純文学を目指すも出来心で書いたラノベがヒットしスランプに悩む作家・矢文学(ブンガク)と、正統派文学少女だが中身は腐った女子高生・明日葉の、むず痒いほどにじれったく甘酸っぱい純愛物語。
腐女子の恋愛ものは昨今の流行りですが、これは同時に作家とファンのラブストーリーでもあります。
明日葉はブンガクの書いたラノベをこよなく愛しキャラに萌える生粋の腐女子、二次元アレルギー持ちのブンガクは明日葉に惹かれながらも哀れその妄想爆裂な生態に振り回される事に。
恋愛経験ゼロ、堅物で生真面目なブンガクと明日葉のやりとりは見ていて微笑ましい。しかし本作で語られるのは物書きなら誰もが共感するだろう創作の悩み、「誰の為に小説を書くんだ?」という素朴な命題。
極論してしまえば、作者にとって読者は見えない人。
自分の本がいかに支持されてるといえど、実際書店で買われる瞬間を目撃でもしない限り実感し得ないのでは?またブンガクは、ネットに氾濫する書評や腐女子中傷の風潮にも疑問を呈すも、それに答える明日葉のまっすぐな眼差しと言葉がまぶしい。

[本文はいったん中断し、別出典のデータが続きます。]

-- ===== src/BTree/Split/Slide.antt =====
-- The first half of `split` of BTree.c, on a full inner node: its keys and children, and the new ones,
-- in order.
use Prim.Native.Nat.{lt, gt}
use gaveta.Base.{
  ℕ, zero, suc, ◌+◌, ◌≡◌, refl, sym, ◌∙◌, ap, ap₂, subst, false, some, List, [], ◌∷◌, ◌++◌,
  append_assoc, arith, length, length-append, unsnoc, get_elem?, get_elem?-append_right, ok, ◌>>=◌,
}
use gaveta.Heap.{Bytes}
use gaveta.BTree.{Key, strcmp, put_elem}
use gaveta.BTree.Shift.{put_elem-append}
use gaveta.BTree.Search.{Before, cons, Ascending, strcmp-swap}
use gaveta.BTree.Split.{slide}
use gaveta.BTree.Split.Gather.{All, all_nil, all_cons, All-unsnoc}

module _ {A : Type 0} where
  -- The last element of `ys ++ y ∷ []` in front of a free cell, and its move into that.
  pub last-cell :
      (pre ys : List A) (y r : A) (spare : List A) (n : ℕ)
      → length pre + length ys ≡ n
      → (get_elem? (pre ++ ((ys ++ y ∷ []) ++ r ∷ spare)) n ≡ some y)
        × (put_elem (pre ++ ((ys ++ y ∷ []) ++ r ∷ spare)) (n + 1) y
            ≡ ok (pre ++ (ys ++ y ∷ y ∷ spare)))
  last-cell pre ys y r spare n len =
      let front : pre ++ ((ys ++ y ∷ []) ++ r ∷ spare) ≡ (pre ++ ys) ++ y ∷ r ∷ spare =
        ap (λ t. pre ++ t) (append_assoc ys (y ∷ []) (r ∷ spare))
        ∙ sym (append_assoc pre ys (y ∷ r ∷ spare)) in
      let here : length (pre ++ ys) + 0 ≡ n = omega (arith, length-append pre ys, len) in
      let there : length (pre ++ ys) + 1 ≡ n + 1 = omega (arith, length-append pre ys, len) in
      (
        ap (λ t. get_elem? t n) front
            ∙ subst (λ j. get_elem? ((pre ++ ys) ++ y ∷ r ∷ spare) j ≡ some y) here
                (get_elem?-append_right (pre ++ ys) (y ∷ r ∷ spare) 0),
        ap (λ t. put_elem t (n + 1) y) front
            ∙ subst
                (λ j.
                  put_elem ((pre ++ ys) ++ y ∷ r ∷ spare) j y ≡ ok ((pre ++ ys) ++ y ∷ y ∷ spare))
                there (put_elem-append (pre ++ ys) (y ∷ r ∷ spare) 1 y (omega arith))
            ∙ ap (λ t. ok t) (append_assoc pre ys (y ∷ y ∷ spare)),
      )

-- The loop stops at a smaller key.
slide-stop :
    (n : ℕ) (id : Bytes) (pre spare : List Key) (children : List ℕ)
    → length pre ≡ n
    → All lt id pre
    → slide n false id (pre ++ spare) children ≡ ok (n, pre ++ spare, children)
unfolding slide
slide-stop zero id pre spare children len all = refl
slide-stop (suc n) id pre spare children len all =
    let (ys, y, is, len') = unsnoc n pre len in
    let (_, last) = All-unsnoc ys y (subst (λ t. All lt id t) is all) in
    let here : length ys + 0 ≡ n = omega (arith, len') in
    let at : get_elem? (pre ++ spare) n ≡ some y =
      ap (λ t. get_elem? t n) (ap (λ t. t ++ spare) is ∙ append_assoc ys (y ∷ []) spare)
      ∙ subst (λ j. get_elem? (ys ++ y ∷ spare) j ≡ some y) here
          (get_elem?-append_right ys (y ∷ spare) 0) in
    rw (slide, at, last)

-- It passes over the bigger keys, which move up by one cell with the children to their right.
pub slide-children :
    (n c : ℕ) (id : Bytes) (pre post : List Key) (r : Key) (spare : List Key) (cpre cpost : List ℕ)
    (g : ℕ) (cspare : List ℕ)
    → length pre + length post ≡ n
    → length post ≡ c
    → length cpre ≡ length pre + 1
    → length cpost ≡ c
    → All lt id pre
    → All gt id post
    → (v : Key) × (w : ℕ) × (slide n false id
          (pre ++ (post ++ r ∷ spare))
          (cpre ++ (cpost ++ g ∷ cspare))
        ≡ ok (length pre, pre ++ v ∷ (post ++ spare), cpre ++ w ∷ (cpost ++ cspare)))
unfolding slide
slide-children n zero id pre [] r spare cpre [] g cspare len size clen csize below above =
    let e : length pre ≡ n = omega (arith, len) in
    (
      r,
      g,
      slide-stop n id pre (r ∷ spare) (cpre ++ g ∷ cspare) e below
          ∙ ap (λ j. ok (j, pre ++ r ∷ spare, cpre ++ g ∷ cspare)) (sym e),
    )
slide-children n zero id pre (k ∷ post) r spare cpre cpost g cspare len size clen csize below
      above =
    absurd (omega (arith, size))
slide-children n zero id pre post r spare cpre (k ∷ cpost) g cspare len size clen csize below
      above =
    absurd (omega (arith, csize))
slide-children zero (suc c) id pre post r spare cpre cpost g cspare len size clen csize below
      above =
    absurd (omega (arith, len, size))
slide-children (suc n) (suc c) id pre post r spare cpre cpost g cspare len size clen csize below
      above =
    let (ys, y, is, len') = unsnoc c post size in
    let (cs, x, is_c, clen') = unsnoc c cpost csize in
    let (above', last) = All-unsnoc ys y (subst (λ t. All gt id t) is above) in
    let (v, w, run) =
      slide-children n c id pre ys y (y ∷ spare) cpre cs x (x ∷ cspare)
        (omega (arith, len, size, len')) len' clen clen' below above' in
    let (at, write) = last-cell pre ys y r spare n (omega (arith, len, size, len')) in
    let (at_c, write_c) =
      last-cell cpre cs x g cspare (n + 1) (omega (arith, len, size, len', clen, clen')) in
    let two : n + 1 + 1 ≡ n + 2 = omega arith in
    let write_c' : put_elem (cpre ++ ((cs ++ x ∷ []) ++ g ∷ cspare)) (n + 2) x
        ≡ ok (cpre ++ (cs ++ x ∷ x ∷ cspare)) =
      subst
        (λ j.
          put_elem (cpre ++ ((cs ++ x ∷ []) ++ g ∷ cspare)) j x
          ≡ ok (cpre ++ (cs ++ x ∷ x ∷ cspare)))
        two write_c in
    (
      v,
      w,
      ap₂ (λ a b. slide (suc n) false id (pre ++ (a ++ r ∷ spare)) (cpre ++ (b ++ g ∷ cspare))) is
            is_c
          ∙ rw (slide, at, last, write, at_c, write_c', ◌>>=◌) run
          ∙ ap₂ (λ a b. ok (length pre, pre ++ v ∷ a, cpre ++ w ∷ b))
              (sym (append_assoc ys (y ∷ []) spare) ∙ ap (λ t. t ++ spare) (sym is))
              (sym (append_assoc cs (x ∷ []) cspare) ∙ ap (λ t. t ++ cspare) (sym is_c)),
    )

-- In ascending keys, those before one are smaller, and those behind it bigger.
pub Before-right :
    {k : Key} (pre : List Key) {post : List Key} → Before k (pre ++ post) → Before k post
Before-right [] b = b
Before-right (l ∷ pre) (cons e b) = Before-right pre b

Before-head : {k l : Key} {ks : List Key} → Before k (l ∷ ks) → strcmp k.id l.id ≡ lt
Before-head (cons e b) = e

pub Ascending-below :
    (pre : List Key) (k : Key) (post : List Key) → Ascending (pre ++ k ∷ post) → All lt k.id pre
Ascending-below [] k post asc = all_nil
Ascending-below (l ∷ pre) k post (cons ne b asc) =
    all_cons (Before-head (Before-right pre b)) (Ascending-below pre k post asc)

Before-above : {k : Key} (ks : List Key) → Before k ks → All gt k.id ks
Before-above [] b = all_nil
Before-above {k} (l ∷ ks) (cons e b) = all_cons (strcmp-swap k.id l.id e) (Before-above ks b)

pub Ascending-above :
    (pre : List Key) (k : Key) (post : List Key) → Ascending (pre ++ k ∷ post) → All gt k.id post
Ascending-above [] k post (cons ne b asc) = Before-above post b
Ascending-above (l ∷ pre) k post (cons ne b asc) = Ascending-above pre k post asc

奥手で不器用な二人を温かく(?)見守る脇役も魅力的。
編集者を目指す親友やその彼女、男勝りな担当編集者がおたつくブンガクの尻を叩いてくれます。ヒロインの明日葉はちょっと出来すぎなくらいイイ子なんですが、ブンガクとの恋愛模様がとてもほのぼのしてるので自然と応援したくなってくる。
ついったーやブログ、コミケなど、オタクと親和性の高いツールやイベントが二人の関係性を深める重要なキーとして続々登場するので、それらに馴染んだ読者はわくわくするようなライブ感を味わえます。